Facing growing public skepticism and falling approval ratings as a result of his push for nationalized health care, President Obama told a group in Virginia last week that he didn’t want, “the folks who had created the [health care] mess to do a lot of talking, I want them to get out of the way so we can clean up the mess.”  It was a remark meant to rally the base to Obama’s side, and shore up his flagging poll numbers on the issue.  Obama may have thought he was chiding Republicans in making the comment.  But even a cursory look at the “mess” in the American health care system shows that on the issue of who is responsible, the president’s remark is as wrong as it was arrogant.

Health care experts across the spectrum can agree that there are three main problems with the health insurance industry in America today:  community rating, which forbids insurance companies from charging premiums based on an individual consumer’s health status; the practice of defensive medicine, under which doctors order numerous costly and often unnecessary tests to cover themselves against the possibility of malpractice lawsuits; and employer-based coverage.  Each of these problems, which together contribute most to the “mess” in health care delivery, were all either brought into existence, or are perpetuated by Democrats.

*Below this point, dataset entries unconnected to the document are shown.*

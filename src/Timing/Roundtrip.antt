-- ===== src/Timing/Roundtrip.antt =====
-- headers/server_timing.rs: the metrics that come back from a header.
use mathlib.Core.List.{append-nil}
use ftl.Prelude.{
  ℕ, ◌≡◌, ◌⊎◌, refl, false, Option, none, some, List, [], ◌∷◌, ◌++◌, map, ok, All, All-append,
  arith, inl, inr,
}
use ftl.Http.{Text}
use ftl.Strings.{split, is, trim}
use ftl.Strings.Pieces.{Avoids}
use ftl.Timing.{
  ServerTiming, default, read_entries, read_timings, write_timing, write_rest, written, encode,
  decode, list_values,
}
use ftl.Timing.Pieces.{
  tails, split-tails, tails-Avoids, desc_piece, dur_piece, one, pieces, write_timing_lem,
  desc_piece-Avoids, dur_piece-Avoids, read_name, read_desc, read_dur, IsQuotable, InRange,
  IsTiming, whole_micros, rounded,
}

read_pieces :
    (name : Text) (d : Option Text) (u : Option ℕ)
    → trim name ≡ name
    → Avoids (is b'=') name
    → IsQuotable d
    → InRange u
    → read_entries default (name ∷ one desc_piece d ++ one dur_piece u)
      ≡ ok (record { name = name; description = d; duration = whole_micros u })
unfolding read_entries default one
read_pieces name none none h k q r = rw (read_name name h k)
read_pieces name none (some u) h k q r =
    rw (read_name name h k, read_dur (record default { name = name }) u r)
read_pieces name (some d) none h k (_, _, q) r =
    rw (read_name name h k, read_desc (record default { name = name }) d q)
read_pieces name (some d) (some u) h k (_, _, q) r =
    let t = record default { name = name } in
    rw (read_name name h k, read_desc t d q, read_dur (record t { description = some d }) u r)

quotable_commas : (d : Option Text) → IsQuotable d → All (Avoids (is b',')) (one desc_piece d)
unfolding one
quotable_commas none q = tt
quotable_commas (some d) (c, _, _) =
    (desc_piece-Avoids (is b',') d (refl, (refl, (refl, (refl, (refl, (refl, tt)))))) refl c, tt)

quotable_semicolons : (d : Option Text) → IsQuotable d → All (Avoids (is b';')) (one desc_piece d)
unfolding one
quotable_semicolons none q = tt
quotable_semicolons (some d) (_, c, _) =
    (desc_piece-Avoids (is b';') d (refl, (refl, (refl, (refl, (refl, (refl, tt)))))) refl c, tt)

durations-Avoids :
    (d : ℕ) (u : Option ℕ) → (d ≡ b',') ⊎ (d ≡ b';') → All (Avoids (is d)) (one dur_piece u)
unfolding one
durations-Avoids d none h = tt
durations-Avoids d (some u) h = (
  dur_piece-Avoids (is d) u (ground arith, (ground arith, (ground arith, (ground arith, tt))))
      (λ c k. ground arith) (ground arith),
  tt,
)

-- A metric's text holds no comma, and is cut at its semicolons into its pieces.
write_timing-Avoids : (t : ServerTiming) → IsTiming t → Avoids (is b',') (write_timing t)
write_timing-Avoids t h = rw (write_timing_lem t) (
    All-append (λ c. is b',' c ≡ false) t.name (tails b';' (pieces t)) h.one_item
      (tails-Avoids (is b',') b';' (pieces t) refl (
        unfold pieces in
        All-append (Avoids (is b',')) (one desc_piece t.description) (one dur_piece t.duration)
          (quotable_commas t.description h.quotable)
          (durations-Avoids b',' t.duration (inl refl)))))

split_timing :
    (t : ServerTiming) → IsTiming t → split (is b';') (write_timing t) ≡ t.name ∷ pieces t
split_timing t h = rw (write_timing_lem t) (
    split-tails b';' t.name (pieces t) h.one_entry (
      unfold pieces in
      All-append (Avoids (is b';')) (one desc_piece t.description) (one dur_piece t.duration)
        (quotable_semicolons t.description h.quotable)
        (durations-Avoids b';' t.duration (inr refl))))

read_timing :
    (t : ServerTiming)
    → IsTiming t
    → read_entries default (split (is b';') (write_timing t)) ≡ ok (rounded t)
read_timing t h = rw (split_timing t h) (
    unfold pieces in
    read_pieces t.name t.description t.duration h.trimmed h.no_key h.quotable h.in_range)

read_timings_lem :
    (ts : List ServerTiming)
    → All IsTiming ts
    → read_timings (map write_timing ts) ≡ ok (map rounded ts)
unfolding read_timings
read_timings_lem [] h = refl
read_timings_lem (t ∷ ts) (h, hs) = rw (read_timing t h, read_timings_lem ts hs)

write_rest_lem : (ts : List ServerTiming) → write_rest ts ≡ tails b',' (map write_timing ts)
unfolding write_rest tails
write_rest_lem [] = refl
write_rest_lem (t ∷ ts) = rw (write_rest_lem ts)

written-Avoids :
    (ts : List ServerTiming) → All IsTiming ts → All (Avoids (is b',')) (map write_timing ts)
written-Avoids [] h = tt
written-Avoids (t ∷ ts) (h, hs) = (write_timing-Avoids t h, written-Avoids ts hs)

split_written :
    (t : ServerTiming) (ts : List ServerTiming)
    → All IsTiming (t ∷ ts)
    → split (is b',') (written (t ∷ ts)) ≡ map write_timing (t ∷ ts)
unfolding written
split_written t ts (h, hs) = rw (write_rest_lem ts) (
    split-tails b',' (write_timing t) (map write_timing ts) (write_timing-Avoids t h)
      (written-Avoids ts hs))

-- What `ServerTimings` writes is read back, with each duration cut to whole microseconds, if the
-- written text becomes a header's value that gives the same text, each name has no comma, semicolon
-- or equals sign and no white space at its ends, each description has no comma or semicolon and no
-- quotation mark at its ends, and each duration in microseconds is below 2^64.
pub timings_roundtrip {ℓ} :
    {Value : Type ℓ} (try_from : Text → Option Value) (to_str : Value → Option Text) (v : Value)
    (ts : List ServerTiming)
    → All IsTiming ts
    → try_from (written ts) ≡ some v
    → to_str v ≡ some (written ts)
    → decode to_str (encode try_from ts) ≡ ok (map rounded ts)
unfolding decode encode list_values read_timings
timings_roundtrip try_from to_str v [] h e r = refl
timings_roundtrip try_from to_str v (t ∷ ts) h e r =
    rw (e, r, append-nil, split_written t ts h) (read_timings_lem (t ∷ ts) h)
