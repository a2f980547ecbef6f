-- ===== src/Tests/Streamed.antt =====
-- Runs of headers/server_timing.rs, layers/compression/ and body/.
use ftl.Prelude.{
  ℕ, ◌+◌, ◌≡◌, refl, true, false, Option, none, some, List, [], ◌∷◌, ◌++◌, leb, map, ok, arith,
}
use ftl.Http.{Text}
use ftl.Strings.{
  codes, is, trim, trim_matches, is_whitespace, trim_end_matches, split, splitn2, text_eq,
}
use ftl.Strings.Pieces.{Avoids_of_all}
use ftl.Decimal.{print_u128, parse_u64, value}
use ftl.Timing.{ServerTiming, parse_duration, take3}
use ftl.Timing as Timing
use ftl.Timing.Pieces.{IsTiming, rounded}
use ftl.Timing.Roundtrip.{timings_roundtrip}
use ftl.Encoding.{AcceptEncoding, ContentEncoding, all as all_encodings}
use ftl.Compression.{CompressionLayer, new, Encoder, bytes, trailers, Response, call}
use ftl.Compression.Chosen.{Weighs, IsChosen}
use ftl.Compression.Calls.{Leaves, call-Leaves}
use ftl.Streams.Json.{Polled, pending, ended, failed, item, array_body}
use ftl.Streams.Emitted.{elements, array_body-elements}
use ftl.Streams.Cbor.{stream_array}
use ftl.Streams.Cbor.Emitted.{stream_array-emitted}
use ftl.Streams.Cbor.Resumes.{values_then, fused, failure_resumes}
use ftl.Streams.Reader.{Read, gives, drain, size_hint}
use ftl.Streams.Reader as Reader

ran : Unit {0}
unfolding trim trim_matches is_whitespace trim_end_matches split splitn2 text_eq print_u128
    parse_u64 value parse_duration take3 Timing.written array_body drain size_hint Reader.new
    Timing.decode Timing.encode Timing.write_timing
ran = tt

abbrev timings : List ServerTiming
timings =
    record {
      name = codes "cache";
      description = some (codes "Cache Read");
      duration = some 23200000;
    }
    ∷ record { name = codes "app"; description = none; duration = some 1500 }
    ∷ []

timings-IsTiming :
    (IsTiming (record {
      name = codes "cache";
      description = some (codes "Cache Read");
      duration = some 23200000;
    }))
    × (IsTiming (record { name = codes "app"; description = none; duration = some 1500 }))
unfolding ran
timings-IsTiming = (
  record {
    trimmed = refl;
    one_item = Avoids_of_all (is b',') (codes "cache") refl;
    one_entry = Avoids_of_all (is b';') (codes "cache") refl;
    no_key = Avoids_of_all (is b'=') (codes "cache") refl;
    quotable = (
      Avoids_of_all (is b',') (codes "Cache Read") refl,
      Avoids_of_all (is b';') (codes "Cache Read") refl,
      refl,
    );
    in_range = omega arith;
  },
  record {
    trimmed = refl;
    one_item = Avoids_of_all (is b',') (codes "app") refl;
    one_entry = Avoids_of_all (is b';') (codes "app") refl;
    no_key = Avoids_of_all (is b'=') (codes "app") refl;
    quotable = tt;
    in_range = omega arith;
  },
)

timings_roundtrip_example :
    Timing.decode some (Timing.encode some timings) ≡ ok (map rounded timings)
timings_roundtrip_example =
    timings_roundtrip some some (Timing.written timings) timings
      (timings-IsTiming.0, (timings-IsTiming.1, tt)) refl refl

written_test : Timing.written timings ≡ codes "cache;desc=\"Cache Read\";dur=23.200,app;dur=0.001"
unfolding ran
written_test = refl

parse_duration_test : parse_duration (codes "2.4") ≡ some 2004000
unfolding ran
parse_duration_test = refl

-- A page that may be compressed, by an encoder that marks its output.
abbrev page : Response
page = record {
  headers = record {
    content_encoding = [];
    content_range = [];
    content_type = codes "text/html" ∷ [];
    content_length = codes "2" ∷ [];
    vary = [];
    accept_ranges = [];
  };
  body = bytes (codes "ab") ∷ trailers (codes "t") ∷ bytes (codes "c") ∷ [];
}

abbrev mark : Encoder → Text → Text
mark c t = b'#' ∷ t

abbrev unmark : Encoder → Text → Text
unmark c [] = []
unmark c (x ∷ t) = t

abbrev layer : CompressionLayer
unfolding new all_encodings
layer = new all_encodings (λ h. true)

call-Leaves_example :
    (a : AcceptEncoding) × Weighs some (codes "gzip, br" ∷ []) a
    × ((e : ContentEncoding) × IsChosen a layer.filter e
        × ((s : Response) × (call mark {E = ℕ} layer some (codes "gzip, br" ∷ []) (ok page) ≡ ok s)
            × Leaves mark layer e page s))
call-Leaves_example = call-Leaves mark layer some (codes "gzip, br" ∷ []) page

-- Three elements, of which the third cannot be written.
abbrev small : ℕ → Option Text
small n = elim (leb n 9) [ true ↦ some ((n + b'0') ∷ []) | false ↦ none ]

abbrev polls : List (Polled ℕ)
polls = item 1 ∷ pending ∷ item 2 ∷ item 12 ∷ item 3 ∷ ended ∷ []

array_body-elements_example :
    array_body small 9 polls ≡ (b'[' ∷ elements ((b'1' ∷ []) ∷ (b'2' ∷ []) ∷ []) ++ b']' ∷ [], true)
array_body-elements_example =
    array_body-elements small 9 polls ((b'1' ∷ []) ∷ (b'2' ∷ []) ∷ []) refl (omega arith)

array_body_test : array_body small 9 polls ≡ (codes "[1,2]", true)
unfolding ran
array_body_test = refl

abbrev reads : List (Read × ℕ)
reads = (gives 2, 0) ∷ (gives 9, 1) ∷ (gives 9, 2) ∷ []

abbrev sixteen : ℕ → ℕ
sixteen n = 16

drain_test :
    (drain {V = ℕ} (λ t. none) sixteen reads (Reader.new (codes "abcdef") 8 0 5)).0 ≡ codes "abcde"
unfolding ran
drain_test = refl

-- A number is written as one byte.
abbrev one_byte : ℕ → Option Text
one_byte n = some (n ∷ [])

stream_array-emitted_example :
    stream_array one_byte 9 (item 1 ∷ pending ∷ item 2 ∷ fused one_byte) ≡ (1 ∷ 2 ∷ [], true)
stream_array-emitted_example =
    stream_array-emitted one_byte 9 (item 1 ∷ pending ∷ item 2 ∷ fused one_byte) (1 ∷ 2 ∷ []) refl
      (omega arith)

-- The stream fails after 1, and 2 is sent all the same.
failure_resumes_example :
    stream_array one_byte 9
      (values_then one_byte (1 ∷ []) (failed ∷ values_then one_byte (2 ∷ []) (fused one_byte)))
    ≡ (1 ∷ 2 ∷ [], true)
failure_resumes_example =
    failure_resumes one_byte (1 ∷ []) (2 ∷ []) 9 (1 ∷ []) (2 ∷ []) refl refl (omega arith)
      (omega arith) (omega arith)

Employer-based coverage came about during World War II as a consequence of the National War Labor Board’s decision to institute wage and price freezes in an attempt to prevent production shortages due to labor unrest or inflation.  The NWLB exempted fringe benefits like pension plans and health insurance from the freeze, meaning employers could compete for the dwindling pool of skilled workers by offering ever-increasing health insurance coverage.  Workers grew accustomed to receiving health benefits as a condition of their employment, and the system of employer-provided health benefits became an American institution.

Although the NWLB decision may have sprung from the best of intentions at a time of war, it grew from the progressive tendency toward control.  The consequence for today’s health care debate is that generations of Americans were separated from the cost of the medical care they received.  As costs grew, and businesses were forced to cut back on benefits while increasing the employee’s cost share, workers began to feel the increase in costs for the first time.  Two of the main drivers of those cost increases have been the practice of defensive medicine, and community rating.

Doctors know that every test they fail to order could be the one that leads to an expensive malpractice lawsuit.  So they order test after test after test, providing themselves cover from the trial lawyers, and ratcheting up the cost of routine care.  According to a study by the American Medical Association (.pdf), which has now signed on to President Obama’s efforts to take over the system, the federal Department of Health and Human Services put the cost of defensive medicine at between $70 and $126 billion in 2003.  That number is almost certainly higher today.

Now consider that former Democratic National Committee chairman Howard Dean, one of the strongest proponents of nationalized health care, appeared on This Week with George Stephanopoulos this past Sunday trumpeting Congressional Budget Office numbers putting the cost of the current House bill at $60 billion per year.  Simply getting a handle on defensive medicine by controlling the trial lawyers could save better than two times the cost of the Democrats’ “reform.”  If Democrats were serious about getting costs under control, they would jump on curbing malpractice lawsuits.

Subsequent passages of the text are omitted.